REQUIREMENT:
Return the entries in full, exactly as written.

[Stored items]
========================
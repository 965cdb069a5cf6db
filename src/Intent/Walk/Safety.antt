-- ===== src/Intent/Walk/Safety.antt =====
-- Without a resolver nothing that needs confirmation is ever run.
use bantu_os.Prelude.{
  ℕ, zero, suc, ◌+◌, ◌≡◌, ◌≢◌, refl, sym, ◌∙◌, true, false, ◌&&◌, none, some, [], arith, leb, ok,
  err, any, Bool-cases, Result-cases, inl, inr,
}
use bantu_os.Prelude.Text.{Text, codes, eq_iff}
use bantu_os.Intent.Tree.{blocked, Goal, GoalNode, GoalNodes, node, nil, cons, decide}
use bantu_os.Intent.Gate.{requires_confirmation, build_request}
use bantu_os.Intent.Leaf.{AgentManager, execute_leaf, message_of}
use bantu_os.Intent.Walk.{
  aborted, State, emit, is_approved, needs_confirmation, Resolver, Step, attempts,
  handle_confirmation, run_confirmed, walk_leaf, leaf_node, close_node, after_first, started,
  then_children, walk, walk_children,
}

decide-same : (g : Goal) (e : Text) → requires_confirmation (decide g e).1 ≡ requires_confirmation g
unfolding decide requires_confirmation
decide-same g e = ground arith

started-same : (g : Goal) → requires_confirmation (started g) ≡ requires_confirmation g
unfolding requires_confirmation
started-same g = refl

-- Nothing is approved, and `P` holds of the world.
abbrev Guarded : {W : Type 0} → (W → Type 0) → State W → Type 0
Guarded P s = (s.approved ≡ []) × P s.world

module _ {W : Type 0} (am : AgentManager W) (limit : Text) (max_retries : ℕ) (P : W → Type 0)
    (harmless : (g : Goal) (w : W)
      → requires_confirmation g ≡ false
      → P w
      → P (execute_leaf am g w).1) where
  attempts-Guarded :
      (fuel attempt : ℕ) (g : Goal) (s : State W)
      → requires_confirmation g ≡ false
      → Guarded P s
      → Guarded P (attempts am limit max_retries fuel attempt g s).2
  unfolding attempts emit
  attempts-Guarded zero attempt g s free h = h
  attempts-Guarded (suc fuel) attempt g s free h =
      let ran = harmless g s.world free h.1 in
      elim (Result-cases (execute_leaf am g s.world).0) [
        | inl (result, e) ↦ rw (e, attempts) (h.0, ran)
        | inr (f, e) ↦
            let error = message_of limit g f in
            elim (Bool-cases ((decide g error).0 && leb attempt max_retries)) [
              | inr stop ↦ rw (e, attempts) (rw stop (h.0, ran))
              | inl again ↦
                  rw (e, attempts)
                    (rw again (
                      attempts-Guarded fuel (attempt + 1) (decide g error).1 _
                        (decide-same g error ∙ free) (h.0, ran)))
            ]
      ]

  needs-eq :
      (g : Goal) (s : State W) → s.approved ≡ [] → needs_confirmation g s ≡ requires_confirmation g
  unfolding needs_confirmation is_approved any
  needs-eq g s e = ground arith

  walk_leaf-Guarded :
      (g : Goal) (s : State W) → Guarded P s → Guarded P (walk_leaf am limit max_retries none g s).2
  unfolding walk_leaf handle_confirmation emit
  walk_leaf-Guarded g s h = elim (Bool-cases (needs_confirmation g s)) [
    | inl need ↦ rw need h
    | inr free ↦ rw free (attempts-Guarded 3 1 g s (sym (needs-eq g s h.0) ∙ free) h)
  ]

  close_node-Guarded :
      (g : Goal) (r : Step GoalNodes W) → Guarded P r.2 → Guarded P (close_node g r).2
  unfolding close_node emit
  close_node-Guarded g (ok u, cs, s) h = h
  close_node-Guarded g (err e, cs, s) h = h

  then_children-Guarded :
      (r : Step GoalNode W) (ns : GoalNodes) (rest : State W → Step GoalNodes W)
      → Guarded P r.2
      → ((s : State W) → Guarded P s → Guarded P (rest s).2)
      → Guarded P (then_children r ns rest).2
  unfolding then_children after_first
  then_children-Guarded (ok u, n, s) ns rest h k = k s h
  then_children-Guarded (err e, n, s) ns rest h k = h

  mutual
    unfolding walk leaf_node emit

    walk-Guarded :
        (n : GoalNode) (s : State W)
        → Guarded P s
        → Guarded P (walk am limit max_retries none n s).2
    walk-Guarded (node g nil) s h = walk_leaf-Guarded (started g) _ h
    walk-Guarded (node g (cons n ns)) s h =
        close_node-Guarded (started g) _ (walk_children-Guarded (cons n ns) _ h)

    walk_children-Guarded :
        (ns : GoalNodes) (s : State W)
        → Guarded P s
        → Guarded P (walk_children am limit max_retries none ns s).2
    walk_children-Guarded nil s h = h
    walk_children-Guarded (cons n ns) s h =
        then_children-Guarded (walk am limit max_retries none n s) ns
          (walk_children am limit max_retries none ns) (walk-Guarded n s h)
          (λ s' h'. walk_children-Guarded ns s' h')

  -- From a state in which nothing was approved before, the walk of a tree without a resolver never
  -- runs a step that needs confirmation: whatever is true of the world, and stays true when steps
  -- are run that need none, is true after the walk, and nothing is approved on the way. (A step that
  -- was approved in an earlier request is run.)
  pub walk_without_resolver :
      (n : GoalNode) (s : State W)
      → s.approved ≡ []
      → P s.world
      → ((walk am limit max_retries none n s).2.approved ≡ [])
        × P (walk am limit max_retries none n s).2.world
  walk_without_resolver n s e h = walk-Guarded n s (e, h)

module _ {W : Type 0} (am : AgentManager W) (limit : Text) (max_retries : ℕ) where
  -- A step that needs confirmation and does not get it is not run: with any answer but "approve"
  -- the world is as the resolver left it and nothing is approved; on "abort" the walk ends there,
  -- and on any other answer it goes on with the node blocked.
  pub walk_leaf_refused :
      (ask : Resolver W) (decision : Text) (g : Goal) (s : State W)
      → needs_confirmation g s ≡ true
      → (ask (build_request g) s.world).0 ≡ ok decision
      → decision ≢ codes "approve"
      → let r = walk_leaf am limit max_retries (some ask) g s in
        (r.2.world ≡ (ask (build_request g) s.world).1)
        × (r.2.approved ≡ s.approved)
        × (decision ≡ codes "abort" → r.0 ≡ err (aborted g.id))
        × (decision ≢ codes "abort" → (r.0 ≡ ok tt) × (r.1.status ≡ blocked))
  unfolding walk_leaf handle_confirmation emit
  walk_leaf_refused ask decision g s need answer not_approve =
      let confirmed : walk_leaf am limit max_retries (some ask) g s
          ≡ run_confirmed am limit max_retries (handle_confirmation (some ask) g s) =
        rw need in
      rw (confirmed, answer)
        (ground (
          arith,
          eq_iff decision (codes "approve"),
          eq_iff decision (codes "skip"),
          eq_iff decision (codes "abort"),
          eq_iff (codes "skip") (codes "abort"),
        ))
========================
SOLUTION TO THIS TASK:
repository 965cdb069a5cf6db
filename src/Intent/Walk/Safety.antt
-- ===== src/Intent/Walk/Safety.antt =====
-- Without a resolver nothing that needs confirmation is ever run.
use bantu_os.Prelude.{
  ℕ, zero, suc, ◌+◌, ◌≡◌, ◌≢◌, refl, sym, ◌∙◌, true, false, ◌&&◌, none, some, [], arith, leb, ok,
  err, any, Bool-cases, Result-cases, inl, inr,
}
use bantu_os.Prelude.Text.{Text, codes, eq_iff}
use bantu_os.Intent.Tree.{blocked, Goal, GoalNode, GoalNodes, node, nil, cons, decide}
use bantu_os.Intent.Gate.{requires_confirmation, build_request}
use bantu_os.Intent.Leaf.{AgentManager, execute_leaf, message_of}
use bantu_os.Intent.Walk.{
  aborted, State, emit, is_approved, needs_confirmation, Resolver, Step, attempts,
  handle_confirmation, run_confirmed, walk_leaf, leaf_node, close_node, after_first, started,
  then_children, walk, walk_children,
}

decide-same : (g : Goal) (e : Text) → requires_confirmation (decide g e).1 ≡ requires_confirmation g
unfolding decide requires_confirmation
decide-same g e = ground arith

started-same : (g : Goal) → requires_confirmation (started g) ≡ requires_confirmation g
unfolding requires_confirmation
started-same g = refl

-- Nothing is approved, and `P` holds of the world.
abbrev Guarded : {W : Type 0} → (W → Type 0) → State W → Type 0
Guarded P s = (s.approved ≡ []) × P s.world

module _ {W : Type 0} (am : AgentManager W) (limit : Text) (max_retries : ℕ) (P : W → Type 0)
    (harmless : (g : Goal) (w : W)
      → requires_confirmation g ≡ false
      → P w
      → P (execute_leaf am g w).1) where
  attempts-Guarded :
      (fuel attempt : ℕ) (g : Goal) (s : State W)
      → requires_confirmation g ≡ false
      → Guarded P s
      → Guarded P (attempts am limit max_retries fuel attempt g s).2
  unfolding attempts emit
  attempts-Guarded zero attempt g s free h = h
  attempts-Guarded (suc fuel) attempt g s free h =
      let ran = harmless g s.world free h.1 in
      elim (Result-cases (execute_leaf am g s.world).0) [
        | inl (result, e) ↦ rw (e, attempts) (h.0, ran)
        | inr (f, e) ↦
            let error = message_of limit g f in
            elim (Bool-cases ((decide g error).0 && leb attempt max_retries)) [
              | inr stop ↦ rw (e, attempts) (rw stop (h.0, ran))
              | inl again ↦
                  rw (e, attempts)
                    (rw again (
                      attempts-Guarded fuel (attempt + 1) (decide g error).1 _
                        (decide-same g error ∙ free) (h.0, ran)))
            ]
      ]

  needs-eq :
      (g : Goal) (s : State W) → s.approved ≡ [] → needs_confirmation g s ≡ requires_confirmation g
  unfolding needs_confirmation is_approved any
  needs-eq g s e = ground arith

  walk_leaf-Guarded :
      (g : Goal) (s : State W) → Guarded P s → Guarded P (walk_leaf am limit max_retries none g s).2
  unfolding walk_leaf handle_confirmation emit
  walk_leaf-Guarded g s h = elim (Bool-cases (needs_confirmation g s)) [
    | inl need ↦ rw need h
    | inr free ↦ rw free (attempts-Guarded 3 1 g s (sym (needs-eq g s h.0) ∙ free) h)
  ]

  close_node-Guarded :
      (g : Goal) (r : Step GoalNodes W) → Guarded P r.2 → Guarded P (close_node g r).2
  unfolding close_node emit
  close_node-Guarded g (ok u, cs, s) h = h
  close_node-Guarded g (err e, cs, s) h = h

  then_children-Guarded :
      (r : Step GoalNode W) (ns : GoalNodes) (rest : State W → Step GoalNodes W)
      → Guarded P r.2
      → ((s : State W) → Guarded P s → Guarded P (rest s).2)
      → Guarded P (then_children r ns rest).2
  unfolding then_children after_first
  then_children-Guarded (ok u, n, s) ns rest h k = k s h
  then_children-Guarded (err e, n, s) ns rest h k = h

  mutual
    unfolding walk leaf_node emit

    walk-Guarded :
        (n : GoalNode) (s : State W)
        → Guarded P s
        → Guarded P (walk am limit max_retries none n s).2
    walk-Guarded (node g nil) s h = walk_leaf-Guarded (started g) _ h
    walk-Guarded (node g (cons n ns)) s h =
        close_node-Guarded (started g) _ (walk_children-Guarded (cons n ns) _ h)

    walk_children-Guarded :
        (ns : GoalNodes) (s : State W)
        → Guarded P s
        → Guarded P (walk_children am limit max_retries none ns s).2
    walk_children-Guarded nil s h = h
    walk_children-Guarded (cons n ns) s h =
        then_children-Guarded (walk am limit max_retries none n s) ns
          (walk_children am limit max_retries none ns) (walk-Guarded n s h)
          (λ s' h'. walk_children-Guarded ns s' h')

  -- From a state in which nothing was approved before, the walk of a tree without a resolver never
  -- runs a step that needs confirmation: whatever is true of the world, and stays true when steps
  -- are run that need none, is true after the walk, and nothing is approved on the way. (A step that
  -- was approved in an earlier request is run.)
  pub walk_without_resolver :
      (n : GoalNode) (s : State W)
      → s.approved ≡ []
      → P s.world
      → ((walk am limit max_retries none n s).2.approved ≡ [])
        × P (walk am limit max_retries none n s).2.world
  walk_without_resolver n s e h = walk-Guarded n s (e, h)

module _ {W : Type 0} (am : AgentManager W) (limit : Text) (max_retries : ℕ) where
  -- A step that needs confirmation and does not get it is not run: with any answer but "approve"
  -- the world is as the resolver left it and nothing is approved; on "abort" the walk ends there,
  -- and on any other answer it goes on with the node blocked.
  pub walk_leaf_refused :
      (ask : Resolver W) (decision : Text) (g : Goal) (s : State W)
      → needs_confirmation g s ≡ true
      → (ask (build_request g) s.world).0 ≡ ok decision
      → decision ≢ codes "approve"
      → let r = walk_leaf am limit max_retries (some ask) g s in
        (r.2.world ≡ (ask (build_request g) s.world).1)
        × (r.2.approved ≡ s.approved)
        × (decision ≡ codes "abort" → r.0 ≡ err (aborted g.id))
        × (decision ≢ codes "abort" → (r.0 ≡ ok tt) × (r.1.status ≡ blocked))
  unfolding walk_leaf handle_confirmation emit
  walk_leaf_refused ask decision g s need answer not_approve =
      let confirmed : walk_leaf am limit max_retries (some ask) g s
          ≡ run_confirmed am limit max_retries (handle_confirmation (some ask) g s) =
        rw need in
      rw (confirmed, answer)
        (ground (
          arith,
          eq_iff decision (codes "approve"),
          eq_iff decision (codes "skip"),
          eq_iff decision (codes "abort"),
          eq_iff (codes "skip") (codes "abort"),
        ))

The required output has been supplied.